- The task -
Where a line of the listing below includes the word "query", reproduce that line.

== Segment start ==

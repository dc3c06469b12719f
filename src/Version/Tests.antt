-- ===== src/Version/Tests.antt =====
-- A version with concrete tables.
use kip_db.Base.{◌≡◌, refl, none, some, List, [], ◌∷◌, if◌then◌else◌}
use kip_db.Base.Int.{ℤ, pos, int_ord}
use kip_db.Base.Order.{Bytes, bytes_ord, is_eq, is_lt}
use kip_db.Error.{ok}
use kip_db.Scope.{Scope, meet_by_key}
use kip_db.Version.{Table, TableLoader, Version, query}
use kip_db.Version.Edits.{apply_edits, to_vec_edit}
use kip_db.Version.Reload.{levels_only, no_tables, to_vec_edit-apply_edits}
use kip_db.Version.Query.{query-first_hit, data_only}

abbrev scope_of : Bytes → Bytes → ℤ → Scope
scope_of first last gen = record { start = first; end = last; gen = gen; allowed_seeks = some 0 }

-- Each table has one key, whose value is the number of the table.
abbrev one_key : Bytes → Bytes → Table
one_key key value = record {
  query = λ k. ok (if is_eq k key then some (key, some value) else none);
  level = 1;
}

abbrev loader : TableLoader
loader gen =
    if is_eq gen (pos 1)
    then some (one_key (2 ∷ []) (1 ∷ []))
    else (if is_eq gen (pos 2)
        then some (one_key (5 ∷ []) (2 ∷ []))
        else (if is_eq gen (pos 3) then some (one_key (2 ∷ []) (3 ∷ [])) else none))

abbrev level_1 : List Scope
level_1 = scope_of (1 ∷ []) (3 ∷ []) (pos 1) ∷ scope_of (4 ∷ []) (7 ∷ []) (pos 2) ∷ []

abbrev version : Version
version = record {
  version_num = 1;
  level_slice =
      (scope_of (2 ∷ []) (9 ∷ []) (pos 3) ∷ scope_of (0 ∷ []) (3 ∷ []) (pos 4) ∷ [])
      ∷ level_1
      ∷ []
      ∷ []
      ∷ [];
  meta_data = record { size_of_disk = 9; len = 3 };
}

query-first_hit_example :
    data_only (query (λ n. n) loader version (5 ∷ [])).1 ≡ ok (some (5 ∷ [], some (2 ∷ [])))
unfolding meet_by_key
query-first_hit_example =
    query-first_hit (λ n. n) loader version (5 ∷ [])
      (scope_of (2 ∷ []) (9 ∷ []) (pos 3) ∷ scope_of (0 ∷ []) (3 ∷ []) (pos 4) ∷ [])
      (level_1 ∷ [] ∷ [] ∷ []) refl ((refl, ((refl, tt), (refl, (tt, tt)))), (tt, (tt, tt)))

abbrev insert_by_gen : Scope → List Scope → List Scope
insert_by_gen s [] = s ∷ []
insert_by_gen s (t ∷ ts) = if is_lt t.gen s.gen then t ∷ insert_by_gen s ts else s ∷ t ∷ ts

abbrev sorted_by_gen : List Scope → List Scope
sorted_by_gen [] = []
sorted_by_gen (s ∷ scopes) = insert_by_gen s (sorted_by_gen scopes)

-- A level 1 whose second table is older than its first.
abbrev compacted : Version
compacted = record version {
  level_slice =
      []
      ∷ (scope_of (1 ∷ []) (3 ∷ []) (pos 2) ∷ scope_of (4 ∷ []) (7 ∷ []) (pos 1) ∷ [])
      ∷ []
      ∷ []
      ∷ [];
}

-- The rebuilt level is no longer in the order of the keys.
to_vec_edit-apply_edits_example :
    levels_only
      (apply_edits sorted_by_gen (to_vec_edit compacted) (no_tables compacted.level_slice) [] [])
    ≡ ok (
        []
        ∷ (scope_of (4 ∷ []) (7 ∷ []) (pos 1) ∷ scope_of (1 ∷ []) (3 ∷ []) (pos 2) ∷ [])
        ∷ []
        ∷ []
        ∷ [])
to_vec_edit-apply_edits_example = to_vec_edit-apply_edits sorted_by_gen compacted refl
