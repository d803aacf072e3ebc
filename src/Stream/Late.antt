-- ===== src/Stream/Late.antt =====
-- An event that is committed after one with a larger id was sent.
use z_apply_backend.Base.{
  ℕ, zero, suc, ◌≤◌, ◌<◌, ◌≡◌, refl, sym, ap, subst, ◌∙◌, false, none, some, List, [], ◌∷◌, ◌++◌,
  arith, select, take, All, All-append, All-map, append_nil, append_assoc, dec_lt, lt→ltb,
  ltb-false,
}
use z_apply_backend.Json.{Fields}
use z_apply_backend.Models.{RunEventRow, Db}
use z_apply_backend.Repo.Events.{max_event_id, event_filter, list_events}
use z_apply_backend.Sql.{Postgres}
use z_apply_backend.Sql.Order.{asc, asc-IsTotal, asc-IsTransitive, Ordering-All}
use z_apply_backend.Stream.{
  Stream, open_stream, replaying, Arrival, timeout, item, live_round, replay_round, replay_page,
  page_size,
}
use z_apply_backend.Stream.Replay.{ids, sent, sent-append, replay_rows-sent, replay_rows-cursor}
use z_apply_backend.Stream.Window.{last_or}

-- What a stream sends from one state to another: ids above a number, which its cursor keeps above.
abbrev Grows : ℕ → Stream → Stream → Type 0
Grows n s t =
    (new : List ℕ) × (sent t.outputs ≡ sent s.outputs ++ new)
    × All (λ m. n < m) new
    × (n ≤ t.cursor)

Grows-same : (n : ℕ) (s t : Stream) → n ≤ t.cursor → sent t.outputs ≡ sent s.outputs → Grows n s t
Grows-same n s t h e = ([], e ∙ sym (append_nil (sent s.outputs)), tt, h)

Grows-trans : (n : ℕ) (s t u : Stream) → Grows n s t → Grows n t u → Grows n s u
Grows-trans n s t u (xs, e, h, k) (ys, f, i, j) = (
  xs ++ ys,
  f ∙ ap (λ l. l ++ ys) e ∙ append_assoc (sent s.outputs) xs ys,
  All-append (λ m. n < m) xs ys h i,
  j,
)

abbrev pub live_rounds : List Arrival → Stream → Stream
live_rounds [] s = s
live_rounds (a ∷ arrivals) s = live_rounds arrivals (live_round a s)

live_round-Grows : (n : ℕ) (a : Arrival) (s : Stream) → n ≤ s.cursor → Grows n s (live_round a s)
unfolding live_round
live_round-Grows n timeout s h =
    Grows-same n s (live_round timeout s) h (sent-append s.outputs _ ∙ append_nil (sent s.outputs))
live_round-Grows n (item none) s h = Grows-same n s (live_round (item none) s) h refl
live_round-Grows n (item (some event)) s h = elim (dec_lt s.cursor event.id) [
  | yes newer ↦
      rw (lt→ltb s.cursor event.id newer)
        (event.id ∷ [], sent-append s.outputs _, (omega arith, tt), omega arith)
  | no older ↦
      rw (ltb-false s.cursor event.id (omega arith)) ([], sym (append_nil (sent s.outputs)), tt, h)
]

live_rounds-Grows :
    (n : ℕ) (arrivals : List Arrival) (s : Stream)
    → n ≤ s.cursor
    → Grows n s (live_rounds arrivals s)
live_rounds-Grows n [] s h = Grows-same n s s h refl
live_rounds-Grows n (a ∷ arrivals) s h =
    let (new, e, over, k) = live_round-Grows n a s h in
    Grows-trans n s (live_round a s) (live_rounds arrivals (live_round a s)) (new, e, over, k)
      (live_rounds-Grows n arrivals (live_round a s) k)

matching-over :
    (c : ℕ) (rows : List RunEventRow)
    → 0 < c
    → All (λ (e : RunEventRow). c < e.id) (select (event_filter c none) rows)
unfolding event_filter
matching-over c [] h = tt
matching-over c (e ∷ rows) h = ground (arith, matching-over c rows h)

take-over :
    (c k : ℕ) (rows : List RunEventRow)
    → All (λ (e : RunEventRow). c < e.id) rows
    → All (λ m. c < m) (ids (take k rows))
take-over c zero rows h = tt
take-over c (suc k) [] h = tt
take-over c (suc k) (e ∷ rows) h = (h.0, take-over c k rows h.1)

pub last_or-over : (n c : ℕ) (ns : List ℕ) → n ≤ c → All (λ m. n < m) ns → n ≤ last_or c ns
last_or-over n c [] h k = h
last_or-over n c (m ∷ ns) h k = last_or-over n m ns (omega (arith, k.0)) k.1

-- The stream of a client that comes back with the id that it had last.
abbrev pub reconnected : Db → Stream → Stream
reconnected db s = open_stream s.cursor (max_event_id db)

reconnected-within :
    (db : Db) (s : Stream)
    → s.cursor ≤ max_event_id db
    → reconnected db s ≡ record { cursor = s.cursor; mode = replaying; outputs = [] }
unfolding open_stream
reconnected-within db s h = rw (ltb-false (max_event_id db) s.cursor h)

module _ (pg : Postgres) (stored_row : RunEventRow → Fields) where
  page-over :
      (db : Db) (c : ℕ) → 0 < c → All (λ m. c < m) (ids (list_events pg db c none page_size false))
  unfolding list_events
  page-over db c h = take-over c page_size _ (
      Ordering-All (asc (λ (e : RunEventRow). e.id)) (λ e. c < e.id)
        (pg.order_by-Ordering (asc (λ e. e.id)) (asc-IsTotal (λ e. e.id))
          (asc-IsTransitive (λ e. e.id)) (select (event_filter c none) db.events))
        (matching-over c db.events h))

  pub replay_page-sent :
      (page : List RunEventRow) (s : Stream)
      → (sent (replay_page stored_row page s).outputs ≡ sent s.outputs ++ ids page)
        × ((replay_page stored_row page s).cursor ≡ last_or s.cursor (ids page))
  unfolding replay_page
  replay_page-sent page s =
      ground (arith, replay_rows-sent stored_row page s, replay_rows-cursor stored_row page s)

  -- Rounds of the replay, each on the tables as they are by then.
  abbrev pub replay_rounds : List Db → Stream → Stream
  replay_rounds [] s = s
  replay_rounds (db ∷ dbs) s = replay_rounds dbs (replay_round pg stored_row db s)

  replay_round-Grows :
      (n : ℕ) (db : Db) (s : Stream)
      → n < s.cursor
      → Grows n s (replay_round pg stored_row db s) × (n < (replay_round pg stored_row db s).cursor)
  unfolding replay_round
  replay_round-Grows n db s h =
      let page = list_events pg db s.cursor none page_size false in
      let over : All (λ m. s.cursor < m) (ids page) = page-over db s.cursor (omega arith) in
      let (e, c) = replay_page-sent page s in
      let stays : s.cursor ≤ last_or s.cursor (ids page) =
        last_or-over s.cursor s.cursor (ids page) (omega arith) over in
      (
        (ids page, e, All-map _ _ (λ m k. omega arith) (ids page) over, omega (arith, c)),
        omega (arith, c),
      )

  replay_rounds-Grows :
      (n : ℕ) (dbs : List Db) (s : Stream) → n < s.cursor → Grows n s (replay_rounds dbs s)
  replay_rounds-Grows n [] s h = Grows-same n s s (omega arith) refl
  replay_rounds-Grows n (db ∷ dbs) s h =
      let (grows, k) = replay_round-Grows n db s h in
      Grows-trans n s (replay_round pg stored_row db s)
        (replay_rounds dbs (replay_round pg stored_row db s)) grows
        (replay_rounds-Grows n dbs (replay_round pg stored_row db s) k)

  -- An event whose id is below the cursor of a stream reaches its client no more: whatever arrives,
  -- every id that is sent lies above it. So does every id of the replay after the client has come
  -- back with its last id, if the tables hold an event with that id or a larger one by then; else
  -- the stream would be reset. So an event is lost that is committed and published after the stream
  -- has sent one with a larger id.
  pub late_lost :
      (n : ℕ) (s : Stream) (arrivals : List Arrival) (now : Db) (dbs : List Db)
      → n < s.cursor
      → (live_rounds arrivals s).cursor ≤ max_event_id now
      → let t = live_rounds arrivals s in
        (new : List ℕ) × (sent t.outputs ≡ sent s.outputs ++ new)
        × All (λ m. n < m) new
        × All (λ m. n < m) (sent (replay_rounds dbs (reconnected now t)).outputs)
  late_lost n s arrivals now dbs h held =
      let t = live_rounds arrivals s in
      let (new, e, over, k) = live_rounds-Grows s.cursor arrivals s (omega arith) in
      let again : Stream = record { cursor = t.cursor; mode = replaying; outputs = [] } in
      let (replayed, f, later, j) = replay_rounds-Grows n dbs again (omega arith) in
      (
        new,
        e,
        All-map _ _ (λ m i. omega arith) new over,
        subst (All (λ m. n < m))
            (sym f
              ∙ ap (λ x. sent (replay_rounds dbs x).outputs) (sym (reconnected-within now t held)))
            later,
      )
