-- ===== src/Stream/System.antt =====
-- One subscriber of GET /events/stream among the writers of events: between two suspensions of its
-- generator any writer may commit an event, under a positive key that no other has, or publish one of those
-- that are committed and not yet published, in any order. `Orderly` singles out the runs in which
-- keys grow with the commits and events are published in the order of their commits.
use z_apply_backend.Base.{ℕ, ◌<◌, ◌≡◌, ◌≢◌, All, Option, some, List, [], ◌∷◌, ◌++◌}
use z_apply_backend.Hub.{StoredEvent, AsyncQueue, get_nowait, offer}
use z_apply_backend.Json.{Fields}
use z_apply_backend.Models.{RunEventRow, Db}
use z_apply_backend.Repo.Events.{max_event_id}
use z_apply_backend.Sql.{Postgres}
use z_apply_backend.Stream.{
  Stream, opening, replaying, live, closed, open_stream, replay_round, live_round, timeout, item,
}

-- The tables, the events committed and not yet published, the subscriber's queue and generator,
-- and the cursor from which its replay began.
pub record World : Type 0 where
  pub db : Db
  pub pending : List StoredEvent
  pub queue : AsyncQueue
  pub stream : Stream
  pub start : ℕ

module _ (pg : Postgres) (stored_row : RunEventRow → Fields) where
  pub data Step : World → World → Type 0 where
    commit :
        {w : World} (db : Db) (row : RunEventRow) (event : StoredEvent)
        → db.events ≡ w.db.events ++ row ∷ []
        → All (λ (e : RunEventRow). e.id ≢ row.id) w.db.events
        → 0 < row.id
        → event.id ≡ row.id
        → Step w (record w { db = db; pending = w.pending ++ event ∷ [] })
    publish :
        {w : World} (before : List StoredEvent) (event : StoredEvent) (after : List StoredEvent)
        (q : AsyncQueue)
        → w.pending ≡ before ++ event ∷ after
        → offer w.queue event ≡ some q
        → Step w (record w { pending = before ++ after; queue = q })
    open_cursor :
        {w : World}
        → w.stream.mode ≡ opening
        → Step w (record w {
          stream = open_stream w.stream.cursor (max_event_id w.db);
          start = (open_stream w.stream.cursor (max_event_id w.db)).cursor;
        })
    replay :
        {w : World}
        → w.stream.mode ≡ replaying
        → Step w (record w { stream = replay_round pg stored_row w.db w.stream })
    get :
        {w : World} (i : Option StoredEvent) (q : AsyncQueue)
        → w.stream.mode ≡ live
        → get_nowait w.queue ≡ some (i, q)
        → Step w (record w { queue = q; stream = live_round (item i) w.stream })
    wait :
        {w : World}
        → w.stream.mode ≡ live
        → w.queue.items ≡ []
        → Step w (record w { stream = live_round timeout w.stream })
    disconnect : {w : World} → Step w (record w { stream = record w.stream { mode = closed } })

  pub data Reach (w : World) : World → Type 0 where
    here : Reach w w
    next : {u v : World} → Reach w u → Step u v → Reach w v

  -- A commit gets a key above all committed ones, and a publishing takes the event that waits for
  -- longest. PostgreSQL's sequences and `accept` do not promise this of writers that overlap.
  abbrev pub OrderlyStep : {w u : World} → Step w u → Type 0
  OrderlyStep {w} (commit db row event added fresh positive same) = max_event_id w.db < row.id
  OrderlyStep (publish before event after q waiting put) = before ≡ []
  OrderlyStep (open_cursor m) = Unit
  OrderlyStep (replay m) = Unit
  OrderlyStep (get i q m taken) = Unit
  OrderlyStep (wait m empty) = Unit
  OrderlyStep disconnect = Unit

  abbrev pub Orderly : {w u : World} → Reach w u → Type 0
  Orderly here = Unit
  Orderly (next r st) = Orderly r × OrderlyStep st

== Segment end ==

- Response to the exercise -
use kip_db.Version.{Table, TableLoader, Version, query}
use kip_db.Version.Query.{query-first_hit, data_only}
  query = λ k. ok (if is_eq k key then some (key, some value) else none);
query-first_hit_example :
    data_only (query (λ n. n) loader version (5 ∷ [])).1 ≡ ok (some (5 ∷ [], some (2 ∷ [])))
query-first_hit_example =
    query-first_hit (λ n. n) loader version (5 ∷ [])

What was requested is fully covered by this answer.